[WHAT TO WORK ON] After finding the line with "is_owner (some owner)" in the entries below, retype exactly each line from there through the line with "else ok tt)", including that final line.

══════════

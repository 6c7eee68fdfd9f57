-- ===== src/Job/Queue/Repeats.antt =====
-- src/job/memory.rs: the series of repeated jobs, `list_repeats`, `upsert_repeat`, `remove_repeat`.
use Prim.Native.String.{String, compare as compare_text}
use lane.Prelude.{
  ℕ, Bool, false, not, ◌||◌, Option, none, some, List, [], ◌∷◌, is_some, length, if◌then◌else◌,
}
use text.Mathlib.Text.{◌==◌ as str_eq}
use lane.Prelude.Sort.{sort_by}
use lane.Error.{Result, ok, err, ◌>>◌, config_error, job_state_conflict}
use lane.PriorityQueue.{then_with}
use lane.Job.{
  Job, JobEnv, JobSpec, JobState, RepeatOptions, repeat_required, empty_repeat_key, owner_in_flow,
  id_exists, deduplication_taken,
}
use lane.Job.Validate.{validate_job_options_at}
use lane.Job.Queue.{JobQueue, get, not_after, checked}
use lane.Job.Queue.Records.{job_deduplication_id, remove_job_record, placed, insert_job}
use lane.Job.Queue.Dedup.{
  active_repeat_key, find_active_repeat_key, find_active_deduplication_id, no_ids,
}
use lane.Job.Queue.Remove.{require_removable, remove_checked}
use lane.Job.Queue.Add.{created}

pub record JobRepeatEntry : Type 0 where
  pub key : String
  pub job_id : String
  pub name : String
  pub state : JobState
  pub scheduled_at : ℕ
  pub repeat_count : ℕ
  pub options : RepeatOptions

abbrev pub entry_before : JobRepeatEntry → JobRepeatEntry → Bool
entry_before a b = not_after (then_with (compare_text a.key b.key) (compare_text a.job_id b.job_id))

abbrev pub with_entry : Option JobRepeatEntry → List JobRepeatEntry → List JobRepeatEntry
with_entry none entries = entries
with_entry (some entry) entries = entry ∷ entries

module _ {F V : Type 0} where
  abbrev pub entry_for : Job F V → Option String → Option RepeatOptions → Option JobRepeatEntry
  entry_for job (some key) (some options) = some record {
    key = key;
    job_id = job.id;
    name = job.name;
    state = job.state;
    scheduled_at = job.scheduled_at;
    repeat_count = job.repeat_count;
    options = options;
  }
  entry_for job _ _ = none

  unfoldable pub repeat_entry : Job F V → Option JobRepeatEntry
  unfolding active_repeat_key
  repeat_entry job = entry_for job (active_repeat_key job) job.options.repeat

  abbrev pub repeat_entries : List (String × Job F V) → List JobRepeatEntry
  repeat_entries [] = []
  repeat_entries ((k, job) ∷ jobs) = with_entry (repeat_entry job) (repeat_entries jobs)

  unfoldable pub list_repeats : JobQueue F V → List JobRepeatEntry
  unfolding repeat_entry sort_by
  list_repeats q = sort_by entry_before (repeat_entries q.jobs)

  unfoldable pub count_repeats : JobQueue F V → ℕ
  unfolding list_repeats
  count_repeats q = length (list_repeats q)

  abbrev pub is_owner : Option (Job F V) → String → Bool
  is_owner none id = false
  is_owner (some owner) id = str_eq owner.id id

  abbrev pub remove_owner : Option (Job F V) → JobQueue F V → JobQueue F V
  remove_owner none q = q
  remove_owner (some owner) q = (remove_job_record owner.id q).1

module _ (env : JobEnv) where
  open env use {F, V, text}

  abbrev pub owner_replaceable : String → Option (Job F V) → Result (Unit {0})
  owner_replaceable key none = ok tt
  owner_replaceable key (some owner) =
      require_removable text owner
      >> (if is_some owner.parent_id || not (no_ids owner.child_ids)
          then err (job_state_conflict (text (owner_in_flow key owner.id)))
          else ok tt)

  abbrev pub id_available : String → Option (Job F V) → Option (Job F V) → Result (Unit {0})
  id_available id none owner = ok tt
  id_available id (some existing) owner =
      if is_owner owner existing.id then ok tt else err (config_error (text (id_exists id)))

  abbrev pub deduplication_free : String → Option (Job F V) → Option (Job F V) → Result (Unit {0})
  deduplication_free key none owner = ok tt
  deduplication_free key (some existing) owner =
      if is_owner owner existing.id
      then ok tt
      else err (job_state_conflict (text (deduplication_taken key existing.id)))

  abbrev pub holder : Option String → ℕ → JobQueue F V → Option (Job F V)
  holder none now q = none
  holder (some id) now q =
      find_active_deduplication_id q.jobs q.released_deduplication_owners id now

  abbrev pub finish_upsert :
      Result (Unit {0})
      → Job F V
      → ℕ
      → JobQueue F V
      → JobQueue F V
      → Result (Job F V) × JobQueue F V
  finish_upsert (err e) job now q removed = (err e, q)
  finish_upsert (ok u) job now q removed =
      (ok (placed removed.sequence job), insert_job env job now removed)

  abbrev pub upsert_owned :
      Job F V → String → ℕ → Option (Job F V) → JobQueue F V → Result (Job F V) × JobQueue F V
  upsert_owned job key now owner q =
      finish_upsert
        (owner_replaceable key owner
          >> id_available job.id (get job.id q.jobs) owner
          >> deduplication_free key (holder (job_deduplication_id job) now q) owner)
        job now q (remove_owner owner q)

  abbrev pub upsert_keyed :
      Job F V → ℕ → Option String → JobQueue F V → Result (Job F V) × JobQueue F V
  upsert_keyed job now none q = (err (config_error (text empty_repeat_key)), q)
  upsert_keyed job now (some key) q =
      if str_eq key ""
      then (err (config_error (text empty_repeat_key)), q)
      else upsert_owned job key now (find_active_repeat_key q.jobs key) q

  abbrev pub has_repeat : Option RepeatOptions → Result (Unit {0})
  has_repeat none = err (config_error (text repeat_required))
  has_repeat (some repeat) = ok tt

  unfoldable pub upsert_repeat :
      String → String → JobSpec F V → ℕ → JobQueue F V → Result (Job F V) × JobQueue F V
  unfolding validate_job_options_at find_active_repeat_key find_active_deduplication_id
      require_removable remove_job_record insert_job job_deduplication_id
  upsert_repeat queue uuid spec now q =
      let job = created env queue uuid spec now in
      checked (validate_job_options_at env spec.options now >> has_repeat spec.options.repeat) q
        (upsert_keyed job now job.repeat_key q)

  abbrev pub remove_found_repeat :
      ℕ → Option (Job F V) → JobQueue F V → Result (Option (Job F V)) × JobQueue F V
  remove_found_repeat now none q = (ok none, q)
  remove_found_repeat now (some owner) q = remove_checked env owner.id now (get owner.id q.jobs) q

  unfoldable pub remove_repeat :
      String → ℕ → JobQueue F V → Result (Option (Job F V)) × JobQueue F V
  unfolding find_active_repeat_key require_removable remove_job_record
  remove_repeat key now q = remove_found_repeat now (find_active_repeat_key q.jobs key) q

══════════

[ANSWER TO THIS EXERCISE]
  is_owner (some owner) id = str_eq owner.id id

  abbrev pub remove_owner : Option (Job F V) → JobQueue F V → JobQueue F V
  remove_owner none q = q
  remove_owner (some owner) q = (remove_job_record owner.id q).1

module _ (env : JobEnv) where
  open env use {F, V, text}

  abbrev pub owner_replaceable : String → Option (Job F V) → Result (Unit {0})
  owner_replaceable key none = ok tt
  owner_replaceable key (some owner) =
      require_removable text owner
      >> (if is_some owner.parent_id || not (no_ids owner.child_ids)
          then err (job_state_conflict (text (owner_in_flow key owner.id)))
          else ok tt)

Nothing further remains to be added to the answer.